Proteases

BI-1942 is a potent chymase inhibitor with an IC50 of 0.4 nM for human chymase. This chemical probe is primarily utilized in research related to ophthalmic diseases, enabling the exploration of chymase's role in ocular pathologies. Its selective inhibition provides a valuable tool for investigating the therapeutic potential in conditions where chymase is implicated.

RID-F (Ridaifen-F) is a nonpeptidic proteasome inhibitor that targets the human 20S proteasome. It demonstrates significant inhibitory activity with IC50 values of 0.64 µM for caspase-like (CT-L), 0.34 µM for trypsin-like (T-L), and 0.43 µM for post-glutamyl (PGPH) activities. RID-F is utilized in research focused on cellular degradation pathways, cancer biology, and therapeutic approaches targeting proteasome dysfunction.

Chymase-IN-2 is a potent proteasome inhibitor that selectively modulates chymase activity. It exhibits significant efficacy in addressing inflammatory responses and disorders associated with serine protease activity. This compound is valuable for research aimed at understanding protease-mediated pathways and their implications in various diseases.

Neurodegenerative Disorder-Targeting Compound 1 is a proteasome inhibitor that selectively targets calpain activity. This compound is designed to modulate cellular protein turnover, making it a valuable tool for studying the mechanisms of neurodegeneration. Its application spans various research areas, including the investigation of proteolytic pathways in neurodegenerative disorders and the exploration of therapeutic interventions aimed at enhancing neuronal survival.

Ru(acac)3 (Tris(acetylacetonato)ruthenium(III)) acts as a caspase-3 activator and apoptosis inducer. This compound demonstrates growth inhibitory effects on various cell lines in vitro, primarily by inhibiting DNA/RNA synthesis and inducing a mild, reversible S-phase cell cycle arrest. Ru(acac)3 is utilized in research focused on ovarian cancer, osteosarcoma, cervical cancer, melanoma, and other oncological studies.

β-Ala-Gly-Arg-pNA is a chromogenic substrate specifically designed for thrombin activity assays. It releases para-nitroaniline (pNA) upon cleavage, generating a measurable absorbance peak at 405 nm. This substrate is valuable in studies of thrombin activity and inhibition, enabling researchers to assess coagulation mechanisms and related pathological conditions accurately.

Apigenin-7-glucuronide is a potent inhibitor of Matrix Metalloproteinases (MMP), demonstrating IC50 values of 12.87 µM for MMP-3, 22.39 µM for MMP-8, 17.52 µM for MMP-9, and 0.27 µM for MMP-13. This compound's ability to modulate MMP activity makes it valuable for investigations into extracellular matrix regulation, tissue remodeling, and various inflammatory conditions. Researchers may utilize Apigenin-7-glucuronide in studies aiming to explore therapeutic interventions in diseases associated with MMP dysregulation.

Luteolin 7-O-glucuronide is a potent inhibitor of Matrix Metalloproteinases (MMPs), demonstrating IC50 values of 17.63 μM for MMP-1, 7.99 μM for MMP-3, 11.42 μM for MMP-8, 12.85 μM for MMP-9, and 0.03 μM for MMP-13. This compound is valuable for research investigating the regulation of MMP activity, which plays a critical role in extracellular matrix remodeling and various pathological conditions.
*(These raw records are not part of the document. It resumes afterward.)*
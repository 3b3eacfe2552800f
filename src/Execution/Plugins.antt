-- ===== src/Execution/Plugins.antt =====
-- The contract of the strategy plugins, aimos/execution/base_plugin.py, and the list of those that
-- are switched on, aimos/execution/plugins/__init__.py.
pub mod Trend
pub mod Range
pub mod Contrarian
pub mod Arb
pub mod Build
pub mod Contract
pub mod Collected
pub mod Decided
use aimos.Prelude.{
  String, Bool, true, false, not, ◌&&◌, ◌||◌, Option, none, some, List, [], ◌∷◌, any_of, or_else,
  if◌then◌else◌,
}
use aimos.Prelude.Dict.{lookup}
use aimos.Prelude.Floats.{Floats, ◌⊕◌, ◌⊗◌, ◌≤?◌, nat, fmax}
use aimos.Schemas.{
  Action, Regime, same_regime, regime_value, Reason, said, TradePlan, MarketUnderstanding,
  ExecContext,
}
use aimos.Execution.Risk.{no_trade_plan}

module _ {F : Type 0} ⦃fl : Floats F⦄ where
  -- `ExecutionPlugin.can_trade`
  unfoldable pub can_trade : List Regime → F → F → MarketUnderstanding F → Bool
  can_trade [] min_confidence min_coin_health mu =
      (min_confidence ≤? mu.confidence) && (min_coin_health ≤? mu.coin_health)
  can_trade (r ∷ rs) min_confidence min_coin_health mu =
      any_of (same_regime mu.regime) (r ∷ rs)
      && (min_confidence ≤? mu.confidence)
      && (min_coin_health ≤? mu.coin_health)

  unfoldable pub estimate_costs_bps : ExecContext F → F
  estimate_costs_bps ctx =
      ((ctx.fee_taker_bps ⊗ nat 2) ⊕ ctx.slippage_entry_bps) ⊕ ctx.slippage_exit_bps

  -- `mu.regime_probs.get(mu.regime.value, 1.0)`
  abbrev pub regime_prob : MarketUnderstanding F → F
  regime_prob mu = or_else (lookup (regime_value mu.regime) mu.regime_probs) (nat 1)

  -- `max` and `min` of a list that is not empty
  abbrev pub max_from : F → List F → F
  max_from x [] = x
  max_from x (y ∷ ys) = max_from (fmax x y) ys

  abbrev pub min_from : F → List F → F
  min_from x [] = x
  min_from x (y ∷ ys) = min_from (if fl.lt y x then y else x) ys

  -- A plan of a plugin: its geometry, and no size yet.
  abbrev pub proposal :
      String → MarketUnderstanding F → Action → F → F → F → F → F → F → Reason F → TradePlan F
  proposal plugin mu action entry stop tp rr costs confidence reason = record {
    plugin = plugin;
    symbol = mu.symbol;
    action = action;
    entry = some entry;
    stop_loss = some stop;
    take_profit = some tp;
    size_quote = none;
    expected_rr = some rr;
    expected_costs_bps = costs;
    confidence = confidence;
    score = nat 0;
    reasons = reason ∷ [];
    decision_id = none;
  }

  -- RiskOff, which always trades nothing: aimos/execution/plugins/risk_off.py
  abbrev pub risk_off : MarketUnderstanding F → TradePlan F
  risk_off mu = no_trade_plan "RiskOff" mu.symbol (said "do-nothing baseline" ∷ [])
It is suitable for applications in studies related to cancer metastasis, tissue repair, and inflammatory disorders.

Argatroban monohydrate is a direct and selective inhibitor of thrombin. It plays a critical role in anticoagulation therapy, particularly for patients with heparin-induced thrombocytopenia. Argatroban is widely used in research to study coagulation pathways and evaluate potential therapeutic approaches for thrombotic disorders.

α-Arbutin (4-Hydroxyphenyl α-D-glucopyranoside) is a potent tyrosinase inhibitor known for its ability to reduce melanin production, making it a valuable agent in skin lightening applications. This compound is of significant interest in research surrounding hyperpigmentation disorders, various cancer types, central nervous system disorders, osteoporosis, and diabetes, offering potential therapeutic insights into these conditions. Its mechanism of action provides a basis for exploring innovative treatments and understanding skin-related pathologies.

Methyl cinnamate (Methyl 3-phenylpropenoate) is an effective tyrosinase inhibitor, primarily utilized to prevent enzymatic browning in food products. In addition to its role in food applications, it demonstrates antimicrobial properties and exhibits antiadipogenic effects, partly mediated by the CaMKK2-AMPK signaling pathway. This compound is valuable for researchers exploring therapeutic strategies in skin pigmentation disorders and metabolic regulation.